§ **What you will do**: Return the records exactly, with nothing added.

[Excerpted data]

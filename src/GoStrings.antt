-- ===== src/GoStrings.antt =====
-- What the program uses of Go's package strings. The letters that change case are the ASCII ones;
-- the other characters of the program's own texts have no case.
use Prim.Native.Char.{Char, code}
use Prim.Native.String.{char_at}
use text.Mathlib.Text.{starts_with}
use iotit.Base.{
  ℕ, zero, suc, ◌-◌, ◌/◌, ◌%◌, String, ◌<>◌, Bool, ◌&&◌, ◌||◌, List, [], ◌∷◌, ltb, leb, ◌==◌,
  str_eq, if◌then◌else◌,
}
pub mod Split

abbrev letters : String
letters = "abcdefghijklmnopqrstuvwxyz"

lower : Char → Char
lower c = if leb b'A' (code c) && leb (code c) b'Z' then char_at letters (code c - b'A') else c

-- strings.ToLower
unfoldable pub to_lower : String → String
unfolding lower
to_lower String.[] = String.[]
to_lower (String.◌∷◌ c s) = String.◌∷◌ (lower c) (to_lower s)

-- strings.Contains
unfoldable pub contains : String → String → Bool
contains String.[] t = str_eq t ""
contains (String.◌∷◌ c s) t = starts_with (String.◌∷◌ c s) t || contains s t

-- strings.HasSuffix
unfoldable pub has_suffix : String → String → Bool
has_suffix String.[] t = str_eq t ""
has_suffix (String.◌∷◌ c s) t = str_eq (String.◌∷◌ c s) t || has_suffix s t

-- unicode.IsSpace, on the Latin-1 range
is_space : ℕ → Bool
is_space c = leb 9 c && leb c 13 || c == 32 || c == 133 || c == 160

trim_left : (ℕ → Bool) → String → String
trim_left p String.[] = String.[]
trim_left p (String.◌∷◌ c s) =
    let rest = trim_left p s in if p (code c) then rest else String.◌∷◌ c s

trim_right : (ℕ → Bool) → String → String
trim_right p String.[] = String.[]
trim_right p (String.◌∷◌ c s) =
    let rest = trim_right p s in if p (code c) && str_eq rest "" then "" else String.◌∷◌ c rest

-- strings.Trim, for the characters that a test accepts
unfoldable pub trim : (ℕ → Bool) → String → String
unfolding trim_left trim_right
trim p s = trim_right p (trim_left p s)

-- strings.TrimSpace
unfoldable pub trim_space : String → String
unfolding trim is_space
trim_space s = trim is_space s

-- strconv.FormatInt of a number below 10 ^ places
unfoldable pub format_nat : ℕ → ℕ → String
format_nat zero n = ""
format_nat (suc places) n =
    let front = format_nat places (n / 10) in
    (if ltb n 10 then "" else front) <> String.◌∷◌ (char_at "0123456789" (n % 10)) ""

-- strings.Split with a separator of one character, over the characters' numbers
abbrev pub codes : String → List ℕ
codes String.[] = []
codes (String.◌∷◌ c s) = code c ∷ codes s

-- the text up to the first separator and the rest: one step of the fields below
abbrev pub push_head : Char → List String → List String
push_head c [] = String.◌∷◌ c "" ∷ []
push_head c (f ∷ fs) = String.◌∷◌ c f ∷ fs

unfoldable pub split : String → Char → List String
split String.[] sep = "" ∷ []
split (String.◌∷◌ c s) sep =
    let rest = split s sep in if code c == code sep then "" ∷ rest else push_head c rest
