-- ===== src/Mapping/Lookup.antt =====
-- Searching the mapping, and the package variable `dm` that caches it.
use iotit.Base.{
  String, ◌<>◌, Bool, ◌||◌, Option, none, some, List, [], ◌∷◌, is_empty, str_eq, if◌then◌else◌,
}
use iotit.GoStrings.{to_lower}
use iotit.Mapping.Defs.{
  DeviceImage, Info, DeviceMapping, node, Subs, nil, cons, DeviceCollection, empty_collection,
  fill_empty_images, get_devices, subs_of,
}

-- `strings.ToLower(obj.Title) == search || obj.Alias == search`
abbrev pub image_matches : String → DeviceImage → Bool
image_matches search i = str_eq (to_lower i.title) search || str_eq i.alias search

find_in : String → List DeviceImage → Option DeviceImage
find_in search [] = none
find_in search (i ∷ images) = if image_matches search i then some i else find_in search images

-- FindImage: the mapping with its `Image` set, and an error
unfoldable pub find_image : String → DeviceMapping → DeviceMapping × Option String
unfolding find_in
find_image image (node i subs) = elim (find_in (to_lower image) i.images) [
  | some found ↦ (node (record i { image = found }) subs, none)
  | none ↦ (node i subs, some (image <> " unknown image"))
]

abbrev pub name_matches : String → Info → Bool
name_matches search i = str_eq (to_lower i.name) search || str_eq i.alias search

abbrev pub labelled : Info → Info → Info
labelled parent i = record i { dir = parent.name; kind = parent.name }

-- The loop over `obj.Sub` in findDevice: the sub-devices as it leaves them, and the one it returns.
unfoldable pub find_sub : String → Info → Subs → Subs × Option DeviceMapping
find_sub search parent nil = (nil, none)
find_sub search parent (cons (node i subs) rest) =
    let i' = labelled parent i in
    let filled = record i' { images = if is_empty i.images then parent.images else i.images } in
    let later = find_sub search parent rest in
    if name_matches search i
    then (cons (node filled subs) rest, some (node filled subs))
    else (cons (node i' subs) later.0, later.1)

-- The loop of findDevice: the devices as it leaves them, and the one it returns. The loop variable
-- is a copy of the device, so `dir` and `Type` of a device itself are set in the copy alone; its
-- sub-devices are shared.
unfoldable pub find_in_devices :
    String → List DeviceMapping → List DeviceMapping × Option DeviceMapping
unfolding find_sub
find_in_devices search [] = ([], none)
find_in_devices search (node i subs ∷ devices) =
    let obj = node (record i { dir = i.name; kind = i.name }) subs in
    let filled = fill_empty_images obj in
    let visited = find_sub search i subs in
    let later = find_in_devices search devices in
    if name_matches search i
    then (node i (subs_of filled) ∷ devices, some filled)
    else elim visited.1 [
      | some found ↦ (node i visited.0 ∷ devices, some found)
      | none ↦ (node i visited.0 ∷ later.0, later.1)
    ]

-- A device or an error, with the collection as the search leaves it.
pub record Search : Type 0 where
  pub repo : DeviceCollection
  pub found : Option DeviceMapping
  pub err : Option String

unfoldable pub find_device : String → DeviceCollection → Search
unfolding find_in_devices
find_device device c =
    let r = find_in_devices (to_lower device) c.devices in
    let repo = record c { devices = r.0 } in
    elim r.1 [
      | some found ↦ record { repo = repo; found = some found; err = none }
      | none ↦ record {
        repo = repo;
        found = none;
        err = some (device <> " device is not supported");
      }
    ]

-- What reading mapping.json into an empty collection leaves in it, and the error of doing so.
pub record Load : Type 0 where
  pub collection : DeviceCollection
  pub err : Option String

-- `if dm == nil { initDeviceCollection() }`: `dm` is set before the file is read, and stays set.
unfoldable pub init_device_collection :
    Load → Option DeviceCollection → DeviceCollection × Option String
init_device_collection load none = (load.collection, load.err)
init_device_collection load (some dm) = (dm, none)

unfoldable pub get_device_repo : Load → String → Option DeviceCollection → Search
get_device_repo load device dm =
    let (c, err) = init_device_collection load dm in
    elim err [
      | some e ↦ record { repo = c; found = none; err = some e }
      | none ↦ find_device device c
    ]

-- GetRepo; the collection that a failed load leaves in `dm` comes first
unfoldable pub get_repo : Load → Option DeviceCollection → DeviceCollection × DeviceCollection
get_repo load dm =
    let (c, err) = init_device_collection load dm in
    elim err [ some e ↦ (c, empty_collection) | none ↦ (c, c) ]

-- GetDevices, and GetAllRepos without its error
unfoldable pub get_all_devices : Load → Option DeviceCollection → DeviceCollection × List String
get_all_devices load dm =
    let (c, err) = init_device_collection load dm in
    elim err [ some e ↦ (c, []) | none ↦ (c, get_devices c) ]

[/Excerpted data]

§ **Answer to this exercise**:
filename src/GoStrings.antt
-- ===== src/GoStrings.antt =====
-- What the program uses of Go's package strings. The letters that change case are the ASCII ones;
-- the other characters of the program's own texts have no case.
use Prim.Native.Char.{Char, code}
use Prim.Native.String.{char_at}
use text.Mathlib.Text.{starts_with}
use iotit.Base.{
  ℕ, zero, suc, ◌-◌, ◌/◌, ◌%◌, String, ◌<>◌, Bool, ◌&&◌, ◌||◌, List, [], ◌∷◌, ltb, leb, ◌==◌,
  str_eq, if◌then◌else◌,
}
pub mod Split

abbrev letters : String
letters = "abcdefghijklmnopqrstuvwxyz"

lower : Char → Char
lower c = if leb b'A' (code c) && leb (code c) b'Z' then char_at letters (code c - b'A') else c

-- strings.ToLower
unfoldable pub to_lower : String → String
unfolding lower
to_lower String.[] = String.[]
to_lower (String.◌∷◌ c s) = String.◌∷◌ (lower c) (to_lower s)

-- strings.Contains
unfoldable pub contains : String → String → Bool
contains String.[] t = str_eq t ""
contains (String.◌∷◌ c s) t = starts_with (String.◌∷◌ c s) t || contains s t

-- strings.HasSuffix
unfoldable pub has_suffix : String → String → Bool
has_suffix String.[] t = str_eq t ""
has_suffix (String.◌∷◌ c s) t = str_eq (String.◌∷◌ c s) t || has_suffix s t

-- unicode.IsSpace, on the Latin-1 range
is_space : ℕ → Bool
is_space c = leb 9 c && leb c 13 || c == 32 || c == 133 || c == 160

trim_left : (ℕ → Bool) → String → String
trim_left p String.[] = String.[]
trim_left p (String.◌∷◌ c s) =
    let rest = trim_left p s in if p (code c) then rest else String.◌∷◌ c s

trim_right : (ℕ → Bool) → String → String
trim_right p String.[] = String.[]
trim_right p (String.◌∷◌ c s) =
    let rest = trim_right p s in if p (code c) && str_eq rest "" then "" else String.◌∷◌ c rest

-- strings.Trim, for the characters that a test accepts
unfoldable pub trim : (ℕ → Bool) → String → String
unfolding trim_left trim_right
trim p s = trim_right p (trim_left p s)

-- strings.TrimSpace
unfoldable pub trim_space : String → String
unfolding trim is_space
trim_space s = trim is_space s

-- strconv.FormatInt of a number below 10 ^ places
unfoldable pub format_nat : ℕ → ℕ → String
format_nat zero n = ""
format_nat (suc places) n =
    let front = format_nat places (n / 10) in
    (if ltb n 10 then "" else front) <> String.◌∷◌ (char_at "0123456789" (n % 10)) ""

-- strings.Split with a separator of one character, over the characters' numbers
abbrev pub codes : String → List ℕ
codes String.[] = []
codes (String.◌∷◌ c s) = code c ∷ codes s

-- the text up to the first separator and the rest: one step of the fields below
abbrev pub push_head : Char → List String → List String
push_head c [] = String.◌∷◌ c "" ∷ []
push_head c (f ∷ fs) = String.◌∷◌ c f ∷ fs

unfoldable pub split : String → Char → List String
split String.[] sep = "" ∷ []
split (String.◌∷◌ c s) sep =
    let rest = split s sep in if code c == code sep then "" ∷ rest else push_head c rest
-- ===== src/Mapping/Lookup.antt =====
-- Searching the mapping, and the package variable `dm` that caches it.
use iotit.Base.{
  String, ◌<>◌, Bool, ◌||◌, Option, none, some, List, [], ◌∷◌, is_empty, str_eq, if◌then◌else◌,
}
use iotit.GoStrings.{to_lower}
use iotit.Mapping.Defs.{
  DeviceImage, Info, DeviceMapping, node, Subs, nil, cons, DeviceCollection, empty_collection,
  fill_empty_images, get_devices, subs_of,
}

-- `strings.ToLower(obj.Title) == search || obj.Alias == search`
abbrev pub image_matches : String → DeviceImage → Bool
image_matches search i = str_eq (to_lower i.title) search || str_eq i.alias search

find_in : String → List DeviceImage → Option DeviceImage
find_in search [] = none
find_in search (i ∷ images) = if image_matches search i then some i else find_in search images

-- FindImage: the mapping with its `Image` set, and an error
unfoldable pub find_image : String → DeviceMapping → DeviceMapping × Option String
unfolding find_in
find_image image (node i subs) = elim (find_in (to_lower image) i.images) [
  | some found ↦ (node (record i { image = found }) subs, none)
  | none ↦ (node i subs, some (image <> " unknown image"))
]

abbrev pub name_matches : String → Info → Bool
name_matches search i = str_eq (to_lower i.name) search || str_eq i.alias search

abbrev pub labelled : Info → Info → Info
labelled parent i = record i { dir = parent.name; kind = parent.name }

-- The loop over `obj.Sub` in findDevice: the sub-devices as it leaves them, and the one it returns.
unfoldable pub find_sub : String → Info → Subs → Subs × Option DeviceMapping
find_sub search parent nil = (nil, none)
find_sub search parent (cons (node i subs) rest) =
    let i' = labelled parent i in
    let filled = record i' { images = if is_empty i.images then parent.images else i.images } in
    let later = find_sub search parent rest in
    if name_matches search i
    then (cons (node filled subs) rest, some (node filled subs))
    else (cons (node i' subs) later.0, later.1)

-- The loop of findDevice: the devices as it leaves them, and the one it returns. The loop variable
-- is a copy of the device, so `dir` and `Type` of a device itself are set in the copy alone; its
-- sub-devices are shared.
unfoldable pub find_in_devices :
    String → List DeviceMapping → List DeviceMapping × Option DeviceMapping
unfolding find_sub
find_in_devices search [] = ([], none)
find_in_devices search (node i subs ∷ devices) =
    let obj = node (record i { dir = i.name; kind = i.name }) subs in
    let filled = fill_empty_images obj in
    let visited = find_sub search i subs in
    let later = find_in_devices search devices in
    if name_matches search i
    then (node i (subs_of filled) ∷ devices, some filled)
    else elim visited.1 [
      | some found ↦ (node i visited.0 ∷ devices, some found)
      | none ↦ (node i visited.0 ∷ later.0, later.1)
    ]

-- A device or an error, with the collection as the search leaves it.
pub record Search : Type 0 where
  pub repo : DeviceCollection
  pub found : Option DeviceMapping
  pub err : Option String

unfoldable pub find_device : String → DeviceCollection → Search
unfolding find_in_devices
find_device device c =
    let r = find_in_devices (to_lower device) c.devices in
    let repo = record c { devices = r.0 } in
    elim r.1 [
      | some found ↦ record { repo = repo; found = some found; err = none }
      | none ↦ record {
        repo = repo;
        found = none;
        err = some (device <> " device is not supported");
      }
    ]

-- What reading mapping.json into an empty collection leaves in it, and the error of doing so.
pub record Load : Type 0 where
  pub collection : DeviceCollection
  pub err : Option String

-- `if dm == nil { initDeviceCollection() }`: `dm` is set before the file is read, and stays set.
unfoldable pub init_device_collection :
    Load → Option DeviceCollection → DeviceCollection × Option String
init_device_collection load none = (load.collection, load.err)
init_device_collection load (some dm) = (dm, none)

unfoldable pub get_device_repo : Load → String → Option DeviceCollection → Search
get_device_repo load device dm =
    let (c, err) = init_device_collection load dm in
    elim err [
      | some e ↦ record { repo = c; found = none; err = some e }
      | none ↦ find_device device c
    ]

-- GetRepo; the collection that a failed load leaves in `dm` comes first
unfoldable pub get_repo : Load → Option DeviceCollection → DeviceCollection × DeviceCollection
get_repo load dm =
    let (c, err) = init_device_collection load dm in
    elim err [ some e ↦ (c, empty_collection) | none ↦ (c, c) ]

-- GetDevices, and GetAllRepos without its error
unfoldable pub get_all_devices : Load → Option DeviceCollection → DeviceCollection × List String
get_all_devices load dm =
    let (c, err) = init_device_collection load dm in
    elim err [ some e ↦ (c, []) | none ↦ (c, get_devices c) ]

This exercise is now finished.